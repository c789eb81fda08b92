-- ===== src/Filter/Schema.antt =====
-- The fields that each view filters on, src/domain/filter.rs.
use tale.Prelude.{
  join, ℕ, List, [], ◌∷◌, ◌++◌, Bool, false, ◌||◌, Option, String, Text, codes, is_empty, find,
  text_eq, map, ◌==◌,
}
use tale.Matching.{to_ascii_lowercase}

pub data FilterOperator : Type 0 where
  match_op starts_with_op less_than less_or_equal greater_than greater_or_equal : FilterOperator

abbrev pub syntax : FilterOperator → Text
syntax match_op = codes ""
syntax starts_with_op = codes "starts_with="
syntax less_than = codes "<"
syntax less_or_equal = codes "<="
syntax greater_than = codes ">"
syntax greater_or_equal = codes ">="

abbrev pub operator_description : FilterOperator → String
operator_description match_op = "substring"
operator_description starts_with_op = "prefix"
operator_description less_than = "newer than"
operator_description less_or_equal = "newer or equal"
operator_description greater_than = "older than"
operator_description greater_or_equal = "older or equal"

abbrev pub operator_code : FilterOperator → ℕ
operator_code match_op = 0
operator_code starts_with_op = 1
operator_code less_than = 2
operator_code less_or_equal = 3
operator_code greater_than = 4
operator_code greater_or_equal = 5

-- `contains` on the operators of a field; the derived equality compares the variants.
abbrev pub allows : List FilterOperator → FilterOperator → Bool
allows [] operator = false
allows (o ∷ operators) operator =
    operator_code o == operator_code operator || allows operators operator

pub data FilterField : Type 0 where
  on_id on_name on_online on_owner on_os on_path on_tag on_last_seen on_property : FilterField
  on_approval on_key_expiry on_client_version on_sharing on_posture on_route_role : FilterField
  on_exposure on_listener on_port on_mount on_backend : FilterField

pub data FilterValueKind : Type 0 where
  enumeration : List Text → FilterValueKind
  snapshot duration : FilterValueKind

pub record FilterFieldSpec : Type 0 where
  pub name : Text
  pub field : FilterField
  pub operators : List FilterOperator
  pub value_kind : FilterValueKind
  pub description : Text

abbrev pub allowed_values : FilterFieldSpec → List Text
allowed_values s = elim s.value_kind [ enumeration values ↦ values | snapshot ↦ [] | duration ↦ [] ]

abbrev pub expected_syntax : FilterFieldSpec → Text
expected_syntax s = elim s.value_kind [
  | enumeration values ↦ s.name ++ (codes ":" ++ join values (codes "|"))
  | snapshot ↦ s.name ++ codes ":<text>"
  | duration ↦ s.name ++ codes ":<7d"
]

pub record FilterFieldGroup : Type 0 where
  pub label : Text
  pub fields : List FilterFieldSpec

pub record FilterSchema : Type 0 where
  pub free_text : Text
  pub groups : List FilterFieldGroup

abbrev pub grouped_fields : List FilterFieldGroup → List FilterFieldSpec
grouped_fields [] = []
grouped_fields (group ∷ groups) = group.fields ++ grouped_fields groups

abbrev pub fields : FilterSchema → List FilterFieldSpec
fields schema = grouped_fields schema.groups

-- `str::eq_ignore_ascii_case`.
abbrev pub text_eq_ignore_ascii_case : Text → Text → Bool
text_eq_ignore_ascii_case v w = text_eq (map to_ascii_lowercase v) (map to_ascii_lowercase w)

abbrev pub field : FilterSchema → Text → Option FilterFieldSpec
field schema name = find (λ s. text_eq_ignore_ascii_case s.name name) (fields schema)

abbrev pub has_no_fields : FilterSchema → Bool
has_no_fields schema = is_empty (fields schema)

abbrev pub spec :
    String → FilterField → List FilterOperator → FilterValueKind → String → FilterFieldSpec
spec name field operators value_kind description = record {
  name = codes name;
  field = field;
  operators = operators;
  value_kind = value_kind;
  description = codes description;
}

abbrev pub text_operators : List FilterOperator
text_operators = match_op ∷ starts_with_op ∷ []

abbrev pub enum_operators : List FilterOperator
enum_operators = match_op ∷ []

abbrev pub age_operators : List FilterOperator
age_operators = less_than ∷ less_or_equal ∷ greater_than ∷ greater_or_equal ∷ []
==
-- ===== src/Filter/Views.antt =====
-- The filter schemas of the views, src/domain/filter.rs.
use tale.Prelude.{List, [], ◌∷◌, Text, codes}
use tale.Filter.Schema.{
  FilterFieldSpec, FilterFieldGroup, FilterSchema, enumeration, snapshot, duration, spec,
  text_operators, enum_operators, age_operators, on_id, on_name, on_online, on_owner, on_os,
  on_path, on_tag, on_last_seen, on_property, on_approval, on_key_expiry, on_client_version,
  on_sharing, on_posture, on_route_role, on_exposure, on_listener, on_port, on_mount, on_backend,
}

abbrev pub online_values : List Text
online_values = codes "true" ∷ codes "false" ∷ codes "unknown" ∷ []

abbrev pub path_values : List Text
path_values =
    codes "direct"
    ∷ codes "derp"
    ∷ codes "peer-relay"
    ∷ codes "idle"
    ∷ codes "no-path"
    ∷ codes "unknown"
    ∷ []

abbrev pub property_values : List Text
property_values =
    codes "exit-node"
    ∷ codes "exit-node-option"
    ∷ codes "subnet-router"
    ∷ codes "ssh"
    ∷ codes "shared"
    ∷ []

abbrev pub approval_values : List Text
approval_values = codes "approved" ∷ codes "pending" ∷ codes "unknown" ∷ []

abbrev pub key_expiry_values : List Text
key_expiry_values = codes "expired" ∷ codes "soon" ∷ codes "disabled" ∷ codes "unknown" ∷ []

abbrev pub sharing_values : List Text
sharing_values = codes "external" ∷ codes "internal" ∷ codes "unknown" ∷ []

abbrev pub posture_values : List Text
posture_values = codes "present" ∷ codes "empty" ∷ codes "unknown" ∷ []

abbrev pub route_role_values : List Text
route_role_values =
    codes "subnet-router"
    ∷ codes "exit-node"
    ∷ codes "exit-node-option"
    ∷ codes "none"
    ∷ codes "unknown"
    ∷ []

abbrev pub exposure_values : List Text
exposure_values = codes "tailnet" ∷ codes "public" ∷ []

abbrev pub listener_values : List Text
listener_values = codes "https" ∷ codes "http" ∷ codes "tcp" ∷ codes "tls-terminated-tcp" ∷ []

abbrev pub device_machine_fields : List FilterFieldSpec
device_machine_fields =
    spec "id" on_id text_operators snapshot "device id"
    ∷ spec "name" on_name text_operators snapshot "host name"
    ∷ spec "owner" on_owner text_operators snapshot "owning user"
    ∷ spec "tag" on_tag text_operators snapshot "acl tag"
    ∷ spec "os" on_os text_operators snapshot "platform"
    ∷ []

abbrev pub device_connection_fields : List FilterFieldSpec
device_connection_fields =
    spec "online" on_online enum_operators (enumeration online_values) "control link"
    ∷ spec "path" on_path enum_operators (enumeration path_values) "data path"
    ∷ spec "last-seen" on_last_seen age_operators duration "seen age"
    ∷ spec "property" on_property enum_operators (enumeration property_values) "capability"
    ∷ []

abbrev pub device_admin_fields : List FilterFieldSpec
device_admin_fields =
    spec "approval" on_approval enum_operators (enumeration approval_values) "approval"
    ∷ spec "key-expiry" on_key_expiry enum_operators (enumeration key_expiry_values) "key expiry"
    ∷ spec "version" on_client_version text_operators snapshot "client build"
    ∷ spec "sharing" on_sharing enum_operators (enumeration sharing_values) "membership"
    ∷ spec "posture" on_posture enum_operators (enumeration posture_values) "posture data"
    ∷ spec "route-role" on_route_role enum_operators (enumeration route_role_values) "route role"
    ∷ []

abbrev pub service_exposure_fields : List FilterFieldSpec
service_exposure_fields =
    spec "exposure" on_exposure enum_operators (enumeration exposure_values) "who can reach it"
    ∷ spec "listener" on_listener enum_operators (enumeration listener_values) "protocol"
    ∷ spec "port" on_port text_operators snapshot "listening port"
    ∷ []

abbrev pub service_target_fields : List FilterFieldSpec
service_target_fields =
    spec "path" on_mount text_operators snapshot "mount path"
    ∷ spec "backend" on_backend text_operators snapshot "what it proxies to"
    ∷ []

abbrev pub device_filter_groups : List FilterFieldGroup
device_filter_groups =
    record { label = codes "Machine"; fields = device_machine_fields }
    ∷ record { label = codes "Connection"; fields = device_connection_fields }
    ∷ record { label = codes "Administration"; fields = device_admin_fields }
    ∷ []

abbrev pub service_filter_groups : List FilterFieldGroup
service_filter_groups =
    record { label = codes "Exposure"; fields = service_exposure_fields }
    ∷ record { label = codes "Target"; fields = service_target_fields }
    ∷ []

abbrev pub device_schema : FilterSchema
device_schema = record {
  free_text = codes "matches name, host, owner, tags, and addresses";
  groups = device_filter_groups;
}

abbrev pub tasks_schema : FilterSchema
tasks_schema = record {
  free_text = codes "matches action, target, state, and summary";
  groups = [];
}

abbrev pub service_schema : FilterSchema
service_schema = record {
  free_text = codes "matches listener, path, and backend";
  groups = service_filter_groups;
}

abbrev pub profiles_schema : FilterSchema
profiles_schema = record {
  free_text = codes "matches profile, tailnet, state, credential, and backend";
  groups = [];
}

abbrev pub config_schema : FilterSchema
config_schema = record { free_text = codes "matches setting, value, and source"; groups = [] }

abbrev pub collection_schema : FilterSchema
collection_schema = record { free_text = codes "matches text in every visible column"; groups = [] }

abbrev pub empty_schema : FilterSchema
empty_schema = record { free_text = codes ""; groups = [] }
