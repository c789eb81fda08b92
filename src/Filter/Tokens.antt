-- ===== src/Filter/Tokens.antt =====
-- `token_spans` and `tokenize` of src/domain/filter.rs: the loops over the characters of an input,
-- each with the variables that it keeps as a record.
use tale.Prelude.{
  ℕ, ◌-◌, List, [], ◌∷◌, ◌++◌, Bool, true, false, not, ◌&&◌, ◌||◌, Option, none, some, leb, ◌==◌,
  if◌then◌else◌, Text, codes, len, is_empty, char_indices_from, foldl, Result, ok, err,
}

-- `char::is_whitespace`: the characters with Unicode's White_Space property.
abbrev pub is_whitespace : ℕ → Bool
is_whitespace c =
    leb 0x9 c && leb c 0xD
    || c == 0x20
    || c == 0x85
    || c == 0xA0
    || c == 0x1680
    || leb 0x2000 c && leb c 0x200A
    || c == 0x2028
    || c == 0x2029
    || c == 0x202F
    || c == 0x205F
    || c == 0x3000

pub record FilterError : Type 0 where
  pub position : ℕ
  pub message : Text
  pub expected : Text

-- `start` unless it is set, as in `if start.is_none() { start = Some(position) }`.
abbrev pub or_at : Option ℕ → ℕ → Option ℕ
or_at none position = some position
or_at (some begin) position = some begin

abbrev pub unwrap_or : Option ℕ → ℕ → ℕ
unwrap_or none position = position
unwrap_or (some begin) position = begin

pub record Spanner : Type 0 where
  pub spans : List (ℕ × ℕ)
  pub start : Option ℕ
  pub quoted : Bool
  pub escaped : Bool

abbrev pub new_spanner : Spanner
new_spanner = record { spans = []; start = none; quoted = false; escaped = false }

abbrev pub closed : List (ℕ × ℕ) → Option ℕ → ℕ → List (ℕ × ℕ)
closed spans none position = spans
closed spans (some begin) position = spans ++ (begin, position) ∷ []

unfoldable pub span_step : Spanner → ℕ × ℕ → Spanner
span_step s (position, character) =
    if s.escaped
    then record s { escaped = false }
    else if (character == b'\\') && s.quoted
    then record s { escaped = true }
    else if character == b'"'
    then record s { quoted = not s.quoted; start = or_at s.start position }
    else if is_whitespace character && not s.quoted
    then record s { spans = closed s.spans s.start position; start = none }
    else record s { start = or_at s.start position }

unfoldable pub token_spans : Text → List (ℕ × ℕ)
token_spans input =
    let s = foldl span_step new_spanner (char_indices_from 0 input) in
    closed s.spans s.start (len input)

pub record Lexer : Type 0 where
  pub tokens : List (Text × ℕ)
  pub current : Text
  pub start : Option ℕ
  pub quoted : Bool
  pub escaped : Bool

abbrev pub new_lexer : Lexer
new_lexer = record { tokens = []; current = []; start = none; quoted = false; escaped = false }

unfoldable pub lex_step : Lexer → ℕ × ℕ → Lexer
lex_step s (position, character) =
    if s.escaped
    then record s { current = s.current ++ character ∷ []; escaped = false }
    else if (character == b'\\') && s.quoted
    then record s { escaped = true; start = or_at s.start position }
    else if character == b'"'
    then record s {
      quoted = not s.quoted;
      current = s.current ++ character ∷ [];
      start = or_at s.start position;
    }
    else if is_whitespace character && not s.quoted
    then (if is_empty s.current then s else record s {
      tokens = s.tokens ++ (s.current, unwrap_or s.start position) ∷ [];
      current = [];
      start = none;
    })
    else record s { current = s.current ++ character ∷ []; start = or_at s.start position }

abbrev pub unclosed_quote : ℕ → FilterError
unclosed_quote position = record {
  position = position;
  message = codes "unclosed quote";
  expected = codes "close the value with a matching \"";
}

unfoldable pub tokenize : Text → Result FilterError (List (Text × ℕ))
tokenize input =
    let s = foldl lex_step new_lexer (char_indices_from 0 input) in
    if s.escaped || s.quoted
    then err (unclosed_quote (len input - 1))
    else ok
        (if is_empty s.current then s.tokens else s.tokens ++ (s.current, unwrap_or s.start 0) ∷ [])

TASK STATEMENT: Above this instruction are the records; retype exactly the lines from the one containing "fields = device_connection_fields" up to and including the one containing "device_schema = record".

YOUR RESPONSE:
    ∷ record { label = codes "Connection"; fields = device_connection_fields }
    ∷ record { label = codes "Administration"; fields = device_admin_fields }
    ∷ []

abbrev pub service_filter_groups : List FilterFieldGroup
service_filter_groups =
    record { label = codes "Exposure"; fields = service_exposure_fields }
    ∷ record { label = codes "Target"; fields = service_target_fields }
    ∷ []

abbrev pub device_schema : FilterSchema
device_schema = record {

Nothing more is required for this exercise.